Par Jean-Louis Richard

IMG_3969moyen  "Waouh..." Sauf à l'Elysée (voir ici), Sophie n'avait jamais vu un aussi chouette bureau. Georges lui tendit une main comme une feuille de bananier.

- Bienvenue ma grande, Sylvain m'a promis que tu faisais des miracles.

- Ah, Sylvain, c'est lui qui a tout fait (voir ). Quel est votre sujet ?

- Tu sais que je préside Pathor, le leader mondial des photons inversés.

- A quoi ça sert, un "faux thon à verser" ?

- Ca fait vivre mes 32 000 collaborateurs. Mon sujet, c'est que je galope sans arrêt, tel le rat dans sa cage. A 49 ans, j'ai décidé de m'occuper de ça avant que ça s'occupe de moi.

(Résumé des 16 épisodes précédents : la petite Sophie poursuit sa découverte du monde de l'entreprise... Toute ressemblance avec des personnages réels est fortuite. Ses aventures complètes vous attendent ici)


- Vous n'avez Pathor.

Georges suivait le fil de ses pensées.

- Combien de temps te faut-il pour me sortir de là ?

- Ca commence bien. Vous avez un bon fournisseur de chocolats ?

Il lui tendit une boîte à la mesure de la feuille de bananier.

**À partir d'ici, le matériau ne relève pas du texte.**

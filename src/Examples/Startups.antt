-- ===== src/Examples/Startups.antt =====
-- cmd/tracearr/main.go: a process with an empty database.
use tracearr.Prelude.{◌==◌, ◌≡◌, refl, true, [], some, none, inr, ◌⊎◌, string_eq}
use tracearr.Prelude.Lists.{All}
use tracearr.Prelude.Map
use tracearr.Config.{Config, LoadError, apply_defaults}
use tracearr.Store.Bolt.{BoltStore, bolt_store, open_bolt_store}
use tracearr.Engine.State.{new}
use tracearr.Engine.Lifetime.{restore}
use tracearr.Exporter.{System, Provider, grpc, insecure_transport, new_provider, parse_headers}
use tracearr.Log.{level_info, parse_level}
use tracearr.Prelude.Int.{pos}
use tracearr.Receiver.Routes.{new_server}
use tracearr.Program.{exporter_config, Started, on_bolt, pollers_of, start, dedup_ttl, recall_ttl}
use tracearr.Program.Startup.{RunningSound, HasKey, is_on_bolt, start-RunningSound}
use tracearr.Examples.{numbering}
use tracearr.Examples.Disks.{disk, empty_disk, write_all, fresh_store}
use tracearr.Examples.Settings.{complete, environment}

abbrev day_store : BoltStore disk
day_store = record fresh_store { dedup_ttl = dedup_ttl; recall_ttl = recall_ttl }

abbrev accepted_settings : LoadError ⊎ Config
accepted_settings = inr complete

-- Every file can be read, and every library does what it is asked.
abbrev system : System
system = record {
  getenv = environment;
  trim_space = λ s. s;
  to_lower = λ s. s;
  read_file = λ file. some [];
  has_certificates = λ pem. true;
  loads_keypair = λ cert key. true;
  connects = λ client. true;
  merges = λ service namespace version. true;
}

abbrev collector : Provider
collector = record {
  client = grpc "collector:4317" [] insecure_transport;
  batch = pos 5000000000;
  service = "tracearr";
  service_namespace = "media";
  service_version = "dev";
}

abbrev serving : Started disk
serving = record {
  engine = on_bolt (restore (new {S = bolt_store disk} day_store 60000000000));
  pollers = pollers_of complete;
  provider = collector;
  log_level = level_info;
  listen = "0.0.0.0:8080";
  read_timeout = pos 10000000000;
  server = new_server complete.sources;
}

start-RunningSound_example :
    ((cfg : Config) × (accepted_settings ≡ inr cfg)
      × (new_provider system (exporter_config "dev" cfg) ≡ inr collector)
      × (serving.server.sources ≡ cfg.sources)
      × (is_on_bolt serving.engine ≡ (cfg.storage.backend == "bolt")))
    × RunningSound numbering serving.engine
    × All HasKey serving.pollers
unfolding start apply_defaults open_bolt_store Map.select write_all new_provider parse_headers
    parse_level
start-RunningSound_example =
    start-RunningSound numbering system "dev" accepted_settings none (some empty_disk) serving refl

- Tu m'excuseras de ne pas t'accompagner, mon cardiologue m'a interdit le sucre.

Sophie ne se fit pas prier. Georges avait un goût très sûr pour quelqu'un au régime.

- Mmmh, sublime, vous perdez quelque chose. Moi, si on m'interdisait le chocolat, le temps me paraîtrait interminable. A part vous mettre aux sucrettes, que dit votre médecin ?

- Qu'avec quelques clients comme moi il va se payer le 4x4 de ses rêves. En sortant de son cabinet, j'ai songé à militer écolo.

- Depuis quand êtes-vous fâché avec le temps ?

- Depuis tout le temps. Gamin, je courais pour attraper le car scolaire. A l'armée, on me surnommait Speedy Gonzales. Mon voyage de noces a duré 3 jours. Je suis un courant d'air en cravate. Où est passée la touche Pause ?

- Vous savez, le temps, c'est comme l'argent. Bon serviteur, mauvais maître. Quel serait votre pire cauchemar ?

- Voyons... ça pourrait ressembler à ça : j'installe une douche et un lit de camp dans mon bureau, je travaille nuit et jour face à ma montagne de choses à faire. Trois semaines plus tard je rentre chez moi, ma valise est sur le palier.

- Que venez-vous de faire pour vous rapprocher de ce cauchemar ?

- Moi ? Rien, voyons ! Enfin, si, en y repensant, je viens d'ajouter mon quinzième collaborateur en direct. Mais je n'avais pas le choix.

- Ni le temps. Et vous croyez que je vais gober l'excuse de "pas le choix" venant d'un professionnel de votre envergure ?

- Je la gobe bien, moi.

- Vous, ça fait longtemps que vous avez décidé de ne pas voir, moi ça fait cinq minutes que ça me crève les yeux.

Sophie reprit un chocolat et décida de s'en occuper à fond. Georges cherchait.

- Oui, bon, peut-être que c'est en partie moi qui creuse mon trou. Comment puis-je le reboucher, maintenant que je suis décidé à changer ?

- Oubliez votre histoire de rat piégé par le temps. C'est quoi votre travail pour Pathor ?

- Je dois m'occuper de nos actionnaires, de nos grandes et petites décisions, de mes collaborateurs, faire bouger ce qui résiste, freiner ce qui va trop vite, enfin tout ce que fait un patron.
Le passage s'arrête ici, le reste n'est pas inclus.